There was a lot I could say about that-a lot I wanted, desperately, to say-but it wasn't the right time or place, and I wasn't sure Paul could ever really understand anyway. Things were simpler in Paul's world. I wish I lived in it.
"You need to tell me what happened that day," he said when I didn't start talking. "It's important. Unless you're planning on pleading guilty, you need to think about mounting some kind of defense. I can help you. I want to help you."
"I can't."
"Jo." He twisted in the seat with a creak of springs and looked directly at me. Nothing soft in his eyes now, nothing but direct, unmistakable warning. "You have to. I'm not saying this as your friend, I'm saying it as a Warden. You don't give yourself up and start telling your side of the story, you know they're coming after you. You can't run around loose like this. One of the most powerful guys in the world is dead."
"You're going to call the Power Rangers?" That was our own private joke. . . . Marion Bearheart's division of the Association had no official name, but they were the justice system of our screwed-up little world. Quietly took care of the problems. Calmly dispensed justice when required. No arrest, no jury, just the gentle, final judgment of the executioner.
He held my eyes. "I don't have to, and you know it. They'll find you. They're already on your trail."

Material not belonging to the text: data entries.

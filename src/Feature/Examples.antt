-- ===== src/Feature/Examples.antt =====
-- Runs of crates/runtime/src/feature.rs in a flat process.
use openforge_aio.Prelude.{
  ℕ, ◌-◌, ◌*◌, ◌/◌, ◌≡◌, ◌≢◌, refl, false, leb, ltb, none, some, List, [], ◌∷◌, arith, inl, inr,
  ◌⊎◌, if◌then◌else◌,
}
use openforge_aio.Prelude.Int.{pos, negsuc, unsigned_abs}
use openforge_aio.Prelude.Result.{ok, err}
use openforge_aio.Prelude.Text.{codes}
use openforge_aio.Prelude.Dict.{lookup, insert, remove}
use openforge_aio.Memory
use openforge_aio.Memory.{looks_readable}
use openforge_aio.Memory.Bytes.{slice}
use openforge_aio.Memory.Flat.{flat-OsLaws}
use openforge_aio.Memory.Flat
use openforge_aio.Ctx.Local.{local, local-CtxLaws, local-Frame}
use openforge_aio.Value.{ValueKind, size, from_le_bytes, decode}
use openforge_aio.Scan.{Double}
use openforge_aio.Ctx.{Ctx}
use openforge_aio.Ctx.Flat.{flat, flat-CtxLaws}
use openforge_aio.Signature.{
  FreezeMatchSpec, PlayMontageSpec, freeze_for_matching, play_anim_montage_for_matching, one_shot,
  WriteSpec, HeapScanSpec, all_validators,
}
use openforge_aio.Feature.Strategy.{
  WriteStrategyKind, freeze_value, freeze_copy_offset, write_strategy, freeze_value-write_strategy,
}
use openforge_aio.Feature.Snapshot.{read_each, snapshot, write_each, restore_bytes, restore}
use openforge_aio.Feature.Restored.{covered, restore-snapshot}
use openforge_aio.Feature.Matching.{
  Feature, FoundObject, MatchError, selected, targets, stamp, stamp_all,
}
use openforge_aio.Feature.Stamped.{Apart, restore-stamp_all}
use openforge_aio.Feature.HeapScan.{
  Floats, validator_passes, all_pass, survivors, band_contains, as_f64, resolve_via_heap_scan,
}
use openforge_aio.Feature.Unique.{Verdict, resolve_via_heap_scan-Verdict}

abbrev ctx : Ctx
ctx = flat 0x10000 0x20000

-- Each byte is the low byte of its address.
abbrev process : ctx.Proc
process x = x - x / 256 * 256

abbrev zeros : ctx.Proc
zeros = λ x. 0

abbrev two : List ℕ
two = 0x10010 ∷ []

abbrev fresh : ctx.Proc → Feature ctx
fresh p = record { proc = p; freeze_originals = []; montage_cache = some []; montage_tick = 3 }

restore-snapshot_example :
    ctx.view
      (restore ctx (fresh zeros) one_shot 2 0x10000 two (0 ∷ 1 ∷ 16 ∷ 17 ∷ [])).1.proc
      0x10011
    ≡ (if covered 2 (0x10000 ∷ two) 0x10011
        then ctx.view process 0x10011
        else ctx.view zeros 0x10011)
unfolding snapshot read_each slice restore restore_bytes write_each
restore-snapshot_example =
    restore-snapshot ctx (flat-CtxLaws 0x10000 0x20000) process (fresh zeros) one_shot 2 0x10000 two
      (0 ∷ 1 ∷ 16 ∷ 17 ∷ []) refl refl refl 0x10011

-- The fields of two objects, the second of which is not mapped.
abbrev Target : ℕ → Type 0
Target a = (a ≡ 0x10000) ⊎ (a ≡ 0x20010)

targets-Apart : Apart 2 Target
targets-Apart a b x (inl e) (inl f) differ within = absurd (differ (omega (arith, e, f)))
targets-Apart a b x (inl e) (inr f) differ within = ground (arith, e, f, within)
targets-Apart a b x (inr e) (inl f) differ within = ground (arith, e, f, within)
targets-Apart a b x (inr e) (inr f) differ within = absurd (differ (omega (arith, e, f)))

-- Two ticks over both objects.
abbrev stamped : List ℕ
stamped = 0x10000 ∷ 0x20010 ∷ 0x10000 ∷ 0x20010 ∷ []

-- The game's own process.
abbrev own : Ctx
own = local (Memory.Flat.flat 0x10000 0x20000)

abbrev before : Feature own
before = record { proc = process; freeze_originals = []; montage_cache = none; montage_tick = 0 }

abbrev goons : FreezeMatchSpec
goons = record {
  class_path = codes "/Game/Goon";
  class_name_substrings = [];
  field_offsets = pos 0 ∷ [];
  field_property = none;
  value = none;
  value_bytes = some (codes "0707");
  interval_ms = 100;
  max_results = 64;
  include_fqn_contains = [];
  exclude_fqn_contains = [];
}

abbrev montage : PlayMontageSpec
montage = record {
  class_path = codes "/Game/Goon";
  class_name_substrings = [];
  montage_names = [];
  interval_ms = 100;
  max_results = 64;
  max_distance_u = 0;
  include_fqn_contains = [];
  exclude_fqn_contains = [];
  play_rate = 1;
  player_state_class = [];
  player_pawn_property = [];
}

restore-stamp_all_example :
    let t = stamp_all own (7 ∷ 7 ∷ []) stamped before in
    let (answer, restored) = restore own t (freeze_for_matching goons) 1 0 [] [] in
    (answer ≡ ok tt)
    × (restored.freeze_originals ≡ [])
    × (own.view restored.proc 0x10001 ≡ own.view process 0x10001)
unfolding stamp_all stamp lookup insert remove slice Memory.read_bytes Memory.write_bytes
    looks_readable
restore-stamp_all_example =
    restore-stamp_all own
      (local-CtxLaws (Memory.Flat.flat 0x10000 0x20000) (flat-OsLaws 0x10000 0x20000))
      (local-Frame (Memory.Flat.flat 0x10000 0x20000) (flat-OsLaws 0x10000 0x20000)) before
      (7 ∷ 7 ∷ []) Target targets-Apart stamped goons 1 0 [] [] refl
      (inl refl, (inr refl, (inl refl, (inr refl, tt)))) 0x10001 refl refl

forgets_the_montages :
    (restore ctx (fresh zeros) (play_anim_montage_for_matching montage) 1 0 [] []).1.montage_tick
    ≡ 0
unfolding restore
forgets_the_montages = refl

abbrev boss : FoundObject
boss = record { obj_addr = 0x10000; class_addr = 5; fqn = codes "Game.Boss" }

abbrev friend : FoundObject
friend = record { obj_addr = 0x10800; class_addr = 5; fqn = codes "Game.Friend" }

stamps_the_selected :
    targets ctx
      (λ c prop. err MatchError.property_missing)
      []
      (codes "FRIEND" ∷ [])
      (pos 16 ∷ [])
      none
      0
      0
      (boss ∷ friend ∷ [])
    ≡ (none, 0x10010 ∷ [])
unfolding targets selected
stamps_the_selected = refl

-- Whole numbers in the place of `f64`.
abbrev whole : Double
whole = record {
  F64 = ℕ;
  sub = λ a b. a - b;
  abs = λ a. a;
  gt = λ a b. ltb b a;
  ge = λ a b. leb b a;
}

abbrev floats : Floats whole
floats = record { is_nan = λ a. false; of_int = unsigned_abs; of_f32 = λ v. v; of_f64 = λ v. v }

abbrev chips : HeapScanSpec
chips = record {
  value_type = ValueKind.i64;
  value = pos 9999999;
  field_offset = negsuc 7;
  alignment = 8;
  validator = some (record {
    field_type = ValueKind.u8;
    relative_offset = pos 1;
    min = some 0x11;
    max = some 0x20;
  });
  validators = [];
}

resolve_via_heap_scan-Verdict_example :
    Verdict whole floats ctx
      (flat-CtxLaws 0x10000 0x20000)
      process
      chips
      (0x10008 ∷ 0x10018 ∷ [])
      (resolve_via_heap_scan whole floats ctx process chips (ok (0x10008 ∷ 0x10018 ∷ [])))
resolve_via_heap_scan-Verdict_example =
    resolve_via_heap_scan-Verdict whole floats ctx (flat-CtxLaws 0x10000 0x20000) process chips
      0x10008 (0x10018 ∷ []) refl

-- Of the candidates 0x10000 and 0x10010 the second has 0x11 behind it.
binds_the_second :
    resolve_via_heap_scan whole floats ctx process chips (ok (0x10008 ∷ 0x10018 ∷ [])) ≡ ok 0x10010
unfolding resolve_via_heap_scan survivors all_pass all_validators validator_passes from_le_bytes
    as_f64 band_contains size decode slice
binds_the_second = refl

freeze_value-write_strategy_example :
    (freeze_value (WriteSpec.freeze 100 (some 5) none) ≢ none
      → write_strategy (WriteSpec.freeze 100 (some 5) none) ≡ WriteStrategyKind.freeze)
    × (freeze_copy_offset (WriteSpec.freeze 100 (some 5) none) ≢ none
        → write_strategy (WriteSpec.freeze 100 (some 5) none) ≡ WriteStrategyKind.freeze)
freeze_value-write_strategy_example =
    freeze_value-write_strategy (WriteSpec.freeze 100 (some 5) none)
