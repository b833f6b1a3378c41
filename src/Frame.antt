-- ===== src/Frame.antt =====
-- crates/glacier-protocol/src/lib.rs: the length prefix of the frames on the pipe. The codec of a
-- message's body, crate postcard, is not modelled: a frame is made of the bytes of a body.
use openforge_aio.Prelude.{
  ℕ, ◌*◌, ◌^◌, ◌%◌, ◌≤◌, ◌<◌, ◌≡◌, refl, false, List, ◌++◌, length, ltb, ◌==◌, if◌then◌else◌, arith,
}
use openforge_aio.Prelude.Result.{Result, ok, err}
use openforge_aio.Prelude.Bytes.{to_le, from_le, from_le-to_le}

abbrev pub max_frame_bytes : ℕ
max_frame_bytes = 256 * 1024 * 1024

pub data FrameError : Type 0 where
  oversize : ℕ → ℕ → FrameError
  empty : ℕ → FrameError

-- `encode_framed` behind the codec: the prefix is the length as a `u32`.
unfoldable pub encode_framed : List ℕ → List ℕ
encode_framed body = to_le 4 (length body % 2 ^ 32) ++ body

unfoldable pub parse_len_prefix : List ℕ → Result FrameError ℕ
parse_len_prefix prefix =
    let len = from_le prefix in
    if len == 0
    then err (empty 0)
    else if ltb max_frame_bytes len
    then err (oversize len max_frame_bytes)
    else ok len

-- The prefix of a body that is not empty and within the limit gives its length back.
pub parse_len_prefix_ok :
    (body : List ℕ)
    → 0 < length body
    → length body ≤ max_frame_bytes
    → parse_len_prefix (to_le 4 (length body % 2 ^ 32)) ≡ ok (length body)
unfolding parse_len_prefix
parse_len_prefix_ok body some_bytes small =
    let fits : length body % 2 ^ 32 ≡ length body = omega arith in
    let back : from_le (to_le 4 (length body)) ≡ length body =
      from_le-to_le 4 (length body) (omega arith) in
    let filled : (length body == 0) ≡ false = ground arith in
    let within : ltb max_frame_bytes (length body) ≡ false = ground arith in
    rw (fits, back, filled, within) refl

I had a very cold, cold thought. "You think the lightning bolt-"
"I think it's a warning, Jo, whether it came from the Rangers or not. This is a serious thing you're into. You don't want to laugh it off. Not this time." He reached out and took my hand, and even in that gentle touch I knew he had enough physical strength to crush my hand like paper. If Paul wanted to restrain me, it wouldn't exactly be a challenge-unless I wanted to fight on the aetheric. Which made me think of Bad Bob, and I felt a wave of sickness break over me. It left me shaking.
"Stay," he said. Still a request.
"Thought you had a lunch date."
"It can wait." He was looking at me again, watching me in that half-lidded, intense way that carbonated my hormones. And worse, he knew it. If I stayed, I was going to get myself in trouble, one way or another. "I don't believe you did anything wrong. I think Bad Bob lived up to his reputation, things got out of hand-is that how it was?"
"I can't do this," I said, and pulled my hand free. Paul was staring at me with big, calculating brown eyes. His eyebrows pulled together. The smell of aftershave reminded me that I wanted to kiss him, and I sank farther back in my seat, trying not to give in to temptation, trying not to notice the way sunlight slid warm across his cheekbones and turned his skin to gold. God, I wanted comfort. I wanted someone to make everything . . . better.
I knew better than to believe I could find it anywhere except inside myself.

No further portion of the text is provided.